Кузёмка вздрогнул и притаился под березой. Но лес шумел по-прежнему, вздымая вверх оголенные сучья. Кузёмка снова подался вперед и наткнулся на шалашик, сложенный из хвороста и березовых ветвей. В шалаше, видимо, не было никого. Кузёмка ткнул туда раз-другой орясиной и полез в отверстие на сухой лист и солому. Там он снял с себя тулуп и съежился под ним, чтобы отогреть продрогшее тело. И, как всякую ночь, стали мерещиться Кузёмке виденные им города и пройденные дороги – Рогачов на Друти и Днепре и разноголосый гомон торжков и монастырских слобод.

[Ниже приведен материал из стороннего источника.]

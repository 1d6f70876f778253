-- ===== src/Reservations/Expiry.antt =====
-- internal/reservations/reservations.go: what `Acquire` grants, and calls around the expiry.
use spyder.Prelude.{
  ℕ, ◌+◌, ◌≤◌, ◌<◌, ◌≡◌, refl, ◌∙◌, true, false, Option, none, some, String, string_eq, arith, ltb,
  ℤ, lookup, lookup-insert, Bool-cases, inl, inr, beq_self,
}
use spyder.Reservations.{
  Reservation, Store, conflict, ok, err, canonical, held, fresh_hold, effective_ttl, acquire,
  acquire_over, renew, authorize, get, is_blank, max_ttl, with_entry,
}
use spyder.Reservations.Touches.{IsBook}

effective_ttl_bounds : (ttl : ℤ) → (0 < effective_ttl ttl) × (effective_ttl ttl ≤ max_ttl)
unfolding effective_ttl
effective_ttl_bounds ttl = ground arith

acquire_over-ok :
    (s : Store) (key owner note : String) (ttl now : ℕ) (r : Reservation) (o : Option Reservation)
    → lookup key s.state ≡ o
    → IsBook s
    → (acquire_over s key owner ttl note now o).1 ≡ ok r
    → ((acquire_over s key owner ttl note now o).0 ≡ with_entry s key r)
      × (r.owner ≡ owner)
      × (r.device ≡ key)
      × (r.expires_at ≡ now + ttl)
unfolding acquire_over
acquire_over-ok s key owner note ttl now r none found b got = ground arith
acquire_over-ok s key owner note ttl now r (some existing) found b got =
    ground (arith, string_eq.beq_iff existing.owner owner, b.keyed key existing found)

acquire-ok :
    (s : Store) (device owner note : String) (ttl : ℤ) (now : ℕ) (r : Reservation)
    → IsBook s
    → (acquire s device owner ttl note now).1 ≡ ok r
    → ((acquire s device owner ttl note now).0 ≡ with_entry s (canonical s device) r)
      × (r.owner ≡ owner)
      × (r.device ≡ canonical s device)
      × (r.expires_at ≡ now + effective_ttl ttl)
unfolding acquire
acquire-ok s device owner note ttl now r b got = elim (Bool-cases (is_blank owner)) [
  | inl blank ↦ absurd (cc (rw (blank, acquire) at got))
  | inr named ↦
      rw (named, acquire)
        (acquire_over-ok s _ owner note _ now r _ refl b (rw (named, acquire) at got))
]

held-with_entry :
    (s : Store) (device : String) (r : Reservation)
    → held (with_entry s (canonical s device) r) device ≡ some r
unfolding canonical
held-with_entry s device r =
    lookup-insert (canonical s device) (canonical s device) r s.state
    ∙ rw (beq_self (canonical s device))

authorize_holder :
    (t : Store) (device owner : String) (later : ℕ) (r : Reservation)
    → held t device ≡ some r
    → r.owner ≡ owner
    → later ≤ r.expires_at
    → (authorize t device owner later).1 ≡ ok tt
unfolding authorize
authorize_holder t device owner later r found mine before =
    let late : ltb r.expires_at later ≡ false = ground arith in
    let match : string_eq.beq r.owner owner ≡ true = (string_eq.beq_iff r.owner owner).1 mine in
    rw (found, authorize) (rw (late, match))

-- A reservation that `Acquire` returns is the caller's, stands under the key of the device, and
-- runs for more than no time and at most 24 hours from now; it is what the store then holds, and
-- the caller is authorized for as long as it runs.
pub acquire_lem :
    (s : Store) (device owner note : String) (ttl : ℤ) (now later : ℕ) (r : Reservation)
    → IsBook s
    → (acquire s device owner ttl note now).1 ≡ ok r
    → later ≤ r.expires_at
    → let t = (acquire s device owner ttl note now).0 in
      (r.owner ≡ owner)
      × (r.device ≡ canonical s device)
      × (now < r.expires_at)
      × (r.expires_at ≤ now + max_ttl)
      × (held t device ≡ some r)
      × ((authorize t device owner later).1 ≡ ok tt)
acquire_lem s device owner note ttl now later r b got before =
    let (stored, mine, keyed, expires) = acquire-ok s device owner note ttl now r b got in
    let found : held (acquire s device owner ttl note now).0 device ≡ some r =
      rw stored (held-with_entry s device r) in
    (
      mine,
      keyed,
      omega (arith, expires, effective_ttl_bounds ttl),
      omega (arith, expires, effective_ttl_bounds ttl),
      found,
      authorize_holder _ device owner later r found mine before,
    )

-- At the very moment at which a reservation expires the calls disagree on it: `Get` still returns
-- it and `Authorize` and `Renew` still refuse others, but `Acquire` hands the device to anybody.
pub boundary :
    (s : Store) (device caller note : String) (ttl : ℤ) (now' : ℕ) (r : Reservation)
    → held s device ≡ some r
    → string_eq.beq r.owner caller ≡ false
    → is_blank caller ≡ false
    → ((get s device r.expires_at).1 ≡ some r)
      × ((authorize s device caller r.expires_at).1 ≡ err (conflict r))
      × ((renew s device caller ttl r.expires_at now').1 ≡ err (conflict r))
      × ((acquire s device caller ttl note r.expires_at).1
          ≡ ok (fresh_hold (canonical s device) caller r.expires_at (effective_ttl ttl) note))
unfolding get authorize renew acquire
boundary s device caller note ttl now' r found other named =
    let late : ltb r.expires_at r.expires_at ≡ false = ground arith in
    (
      rw (found, get) (rw late),
      rw (found, authorize) (rw (late, other)),
      rw (found, renew) (rw (late, other)),
      rw (named, acquire) (rw (found, acquire_over) (rw late)),
    )

-- After a reservation has expired it stands in nobody's way: any caller is authorized, `Get` finds
-- nothing, and any named caller acquires the device.
pub after_expiry :
    (s : Store) (device caller note : String) (ttl : ℤ) (now : ℕ) (r : Reservation)
    → held s device ≡ some r
    → r.expires_at < now
    → is_blank caller ≡ false
    → ((authorize s device caller now).1 ≡ ok tt)
      × ((get s device now).1 ≡ none)
      × ((acquire s device caller ttl note now).1
          ≡ ok (fresh_hold (canonical s device) caller now (effective_ttl ttl) note))
unfolding get authorize acquire
after_expiry s device caller note ttl now r found past named =
    let late : ltb r.expires_at now ≡ true = ground arith in
    let stale : ltb now r.expires_at ≡ false = ground arith in
    (
      rw (found, authorize) (rw late),
      rw (found, get) (rw late),
      rw (named, acquire) (rw (found, acquire_over) (rw stale)),
    )
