-- ===== src/Virtio.antt =====
-- The disk driver of kernel/virtio_disk.c behind `virtio_disk_init`, with the NUM descriptors that it
-- shares with the device. An address that a descriptor holds is named by what it is the address of.
-- `woken` lists the channels of the calls of `wakeup`, the last one first. The registers of the device
-- are not part of the state, and `none` is a panic.
pub mod Marks
pub mod Chain
pub mod InFlight
pub mod Finish
pub mod Interrupt
mod Tests
use cs202_lab.Prelude.{
  ℕ, zero, suc, ◌+◌, ◌*◌, ◌/◌, ◌%◌, ◌^◌, ◌-◌, Bool, true, false, List, [], ◌∷◌, ◌++◌, ◌==◌, leb,
  Option, none, some, if◌then◌else◌, get_or,
}
use cs202_lab.Fs.Rw.{bsize}

-- `NUM`
abbrev pub num : ℕ
num = 8

-- 0, `&disk.ops[i]`, `b->data` and `&disk.info[i].status`
pub data Address : Type 0 where
  null : Address
  op_of : ℕ → Address
  data_of : ℕ → Address
  status_of : ℕ → Address

-- `struct virtq_desc`
pub record Desc : Type 0 where
  pub addr : Address
  pub len : ℕ
  pub flags : ℕ
  pub next : ℕ

-- `struct virtio_blk_req`
pub record Request : Type 0 where
  pub kind : ℕ
  pub reserved : ℕ
  pub sector : ℕ

-- What `wakeup` is called with: `&disk.free[0]` or a buffer.
pub data Channel : Type 0 where
  free_channel : Channel
  buffer_channel : ℕ → Channel

-- `struct disk`, with `b->disk` of the buffers as `busy`.
pub record Driver : Type 0 where
  pub desc : ℕ → Desc
  pub avail_ring : ℕ → ℕ
  pub avail_idx : ℕ
  pub used_ring : ℕ → ℕ
  pub used_end : ℕ
  pub free : ℕ → Bool
  pub used_idx : ℕ
  pub info : ℕ → Option ℕ
  pub status : ℕ → ℕ
  pub ops : ℕ → Request
  pub busy : ℕ → Bool
  pub woken : List Channel

-- An entry of an array.
abbrev pub store : {A : Type 0} → ℕ → A → (ℕ → A) → ℕ → A
store i x f j = if j == i then x else f j

-- 16-bit counters.
abbrev pub add16 : ℕ → ℕ → ℕ
add16 a b = (a + b) % 2 ^ 16

-- `alloc_desc`, with `n` descriptors from `i` on to look at.
unfoldable pub find_free : ℕ → ℕ → (ℕ → Bool) → Option ℕ
find_free zero i free = none
find_free (suc n) i free = if free i then some i else find_free n (suc i) free

abbrev pub mark_taken : Driver → Option ℕ → Option (ℕ × Driver)
mark_taken s none = none
mark_taken s (some i) = some (i, record s { free = store i false s.free })

abbrev pub alloc_desc : Driver → Option (ℕ × Driver)
alloc_desc s = mark_taken s (find_free num 0 s.free)

abbrev pub empty_desc : Desc
empty_desc = record { addr = Address.null; len = 0; flags = 0; next = 0 }

abbrev pub freed : ℕ → Driver → Driver
freed i s = record s {
  desc = store i empty_desc s.desc;
  free = store i true s.free;
  woken = Channel.free_channel ∷ s.woken;
}

unfoldable pub free_desc : ℕ → Driver → Option Driver
free_desc i s = if leb num i then none else if s.free i then none else some (freed i s)

-- What follows a call that may panic.
abbrev pub and_then : {R : Type 0} → (Driver → Option R) → Option Driver → Option R
and_then more none = none
and_then more (some s) = more s

-- `flags & VRING_DESC_F_NEXT`
abbrev pub has_next : ℕ → Bool
has_next flags = flags % 2 == 1

-- `free_chain`, where a chain has no more than `fuel` descriptors.
unfoldable pub free_chain : ℕ → ℕ → Driver → Option Driver
free_chain zero i s = none
free_chain (suc fuel) i s =
    let flag = (s.desc i).flags in
    let nxt = (s.desc i).next in
    and_then (λ s'. elim (has_next flag) [ true ↦ free_chain fuel nxt s' | false ↦ some s' ])
      (free_desc i s)

-- `alloc3_desc`: the loop that gives back, and the one that takes `n` more. The inner `none` is -1.
unfoldable pub free_each : List ℕ → Driver → Option Driver
free_each [] s = some s
free_each (i ∷ idx) s = and_then (free_each idx) (free_desc i s)

abbrev pub gives_up : Option Driver → Option (Option (List ℕ) × Driver)
gives_up none = none
gives_up (some s) = some (none, s)

abbrev pub alloc_next :
    (List ℕ → Driver → Option (Option (List ℕ) × Driver))
    → List ℕ
    → Driver
    → Option (ℕ × Driver)
    → Option (Option (List ℕ) × Driver)
alloc_next more idx s none = gives_up (free_each idx s)
alloc_next more idx s (some (i, s')) = more (idx ++ i ∷ []) s'

unfoldable pub alloc_each : ℕ → List ℕ → Driver → Option (Option (List ℕ) × Driver)
alloc_each zero idx s = some (some idx, s)
alloc_each (suc n) idx s = alloc_next (alloc_each n) idx s (alloc_desc s)

unfoldable pub alloc3_desc : Driver → Option (Option (List ℕ) × Driver)
unfolding alloc_each
alloc3_desc s = alloc_each 3 [] s

-- `virtio_disk_rw` in a round that has its descriptors: the request and the three descriptors.
abbrev pub request : ℕ → Bool → Request
request blockno write = record {
  kind = if write then 1 else 0;
  reserved = 0;
  sector = blockno * (bsize / 512) % 2 ^ 32;
}

abbrev pub head_desc : ℕ → ℕ → Desc
head_desc i0 i1 = record { addr = Address.op_of i0; len = 16; flags = 1; next = i1 }

abbrev pub data_desc : ℕ → Bool → ℕ → Desc
data_desc b write i2 = record {
  addr = Address.data_of b;
  len = bsize;
  flags = if write then 1 else 3;
  next = i2;
}

abbrev pub status_desc : ℕ → Desc
status_desc i0 = record { addr = Address.status_of i0; len = 1; flags = 2; next = 0 }

abbrev pub submit : ℕ → ℕ → Bool → ℕ → ℕ → ℕ → Driver → Driver
submit b blockno write i0 i1 i2 s = record s {
  ops = store i0 (request blockno write) s.ops;
  desc =
      store i2 (status_desc i0)
        (store i1 (data_desc b write i2) (store i0 (head_desc i0 i1) s.desc));
  status = store i0 255 s.status;
  busy = store b true s.busy;
  info = store i0 (some b) s.info;
  avail_ring = store (s.avail_idx % num) i0 s.avail_ring;
  avail_idx = add16 s.avail_idx 1;
}

-- `virtio_disk_rw` up to its second sleep: the first descriptor of the request, or a sleep for want
-- of descriptors.
abbrev pub submit_at : ℕ → ℕ → Bool → Option (Option (List ℕ) × Driver) → Option (Option ℕ × Driver)
submit_at b blockno write none = none
submit_at b blockno write (some (none, s)) = some (none, s)
submit_at b blockno write (some (some idx, s)) = some (
  some (get_or idx 0 0),
  submit b blockno write (get_or idx 0 0) (get_or idx 1 0) (get_or idx 2 0) s,
)

unfoldable pub rw_start : ℕ → ℕ → Bool → Driver → Option (Option ℕ × Driver)
unfolding alloc3_desc
rw_start b blockno write s = submit_at b blockno write (alloc3_desc s)

-- `virtio_disk_rw` behind its second sleep.
unfoldable pub rw_finish : ℕ → Driver → Option Driver
unfolding free_chain
rw_finish i0 s = free_chain num i0 (record s { info = store i0 none s.info })

-- A round of the loop of `virtio_disk_intr`; the buffer of an entry that has none is the null pointer.
abbrev pub completed : ℕ → Driver → Driver
completed b s = record s {
  busy = store b false s.busy;
  woken = Channel.buffer_channel b ∷ s.woken;
  used_idx = add16 s.used_idx 1;
}

abbrev pub complete : Driver → Bool → Option ℕ → Option Driver
complete s false o = none
complete s true none = none
complete s true (some b) = some (completed b s)

abbrev pub complete_one : Driver → Option Driver
complete_one s =
    let id = s.used_ring (s.used_idx % num) in complete s (s.status id == 0) (s.info id)

abbrev pub intr_round : (Driver → Option Driver) → Driver → Bool → Option Driver
intr_round more s true = some s
intr_round more s false = and_then more (complete_one s)

unfoldable pub intr_loop : ℕ → Driver → Option Driver
intr_loop zero s = if s.used_idx == s.used_end then some s else none
intr_loop (suc fuel) s = intr_round (intr_loop fuel) s (s.used_idx == s.used_end)

-- The entries that the device has added since.
abbrev pub pending : Driver → ℕ
pending s = (s.used_end + 2 ^ 16 - s.used_idx) % 2 ^ 16

unfoldable pub virtio_disk_intr : Driver → Option Driver
unfolding intr_loop
virtio_disk_intr s = intr_loop (pending s) s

Кузёмка помял рукав тулупа: цело! И опять спросонок поплыл шляхами и реками, которые накатывались на него вместе с непрестанными шепотами бора, с хрустом сухостоя и заглушенными рыданиями, доносившимися издалека.

Но скоро все смолкло. Слышит Кузёмка только голос пана Заблоцкого, Феликса Акентьича:

«Тут, братику, на Литве, – земля вольная: в какой кто вере хочет, в той и живет».

«Эка вольная! – молвил Кузёмка сквозь сон. – В какой вере пан, в такой вере и хлоп».

Кузёмка знает, что спит, что теперь это только снится ему, а наклоняется к пану Феликсу и шепчет ему на ухо тихо-тихо, даже губами не шевеля:

«Бывал ты, пан, в Гоще? В Самборе бывал? Жив царь Димитрий Иванович? Дознаться мне надо. За тем и послан к тебе за рубеж».

Но пан, как вчера, как и три дня тому назад, отделывается скоморошинами:

«Ха! В Самборе, братику, горе, да в Гоще беда. Отписано все тут вот… Возьми».

И он суёт Кузёмке письмо, а с письмом два злотых на дорогу.

Кузёмка хотел и деньги зашить в рукав тулупа вместе с письмом, но кто-то тащит с Кузёмки тулуп, прямо с клочьями дерет из него шерсть, только бы отнять тулуп у Кузёмки. «Приставы!» – захолонуло у Кузёмки в груди, и, присев на соломе, он увидел перед собой два горящих глаза и ощетиненную морду, жующую его тулуп. Кузёмка мурызнул зверя орясиной по глазам. Волк взвыл и бросился прочь. Кузёмка помял рукав: цело. Тогда он поджал под себя ноги и, сидя так, стал бороться с дремотой и ждать рассвета.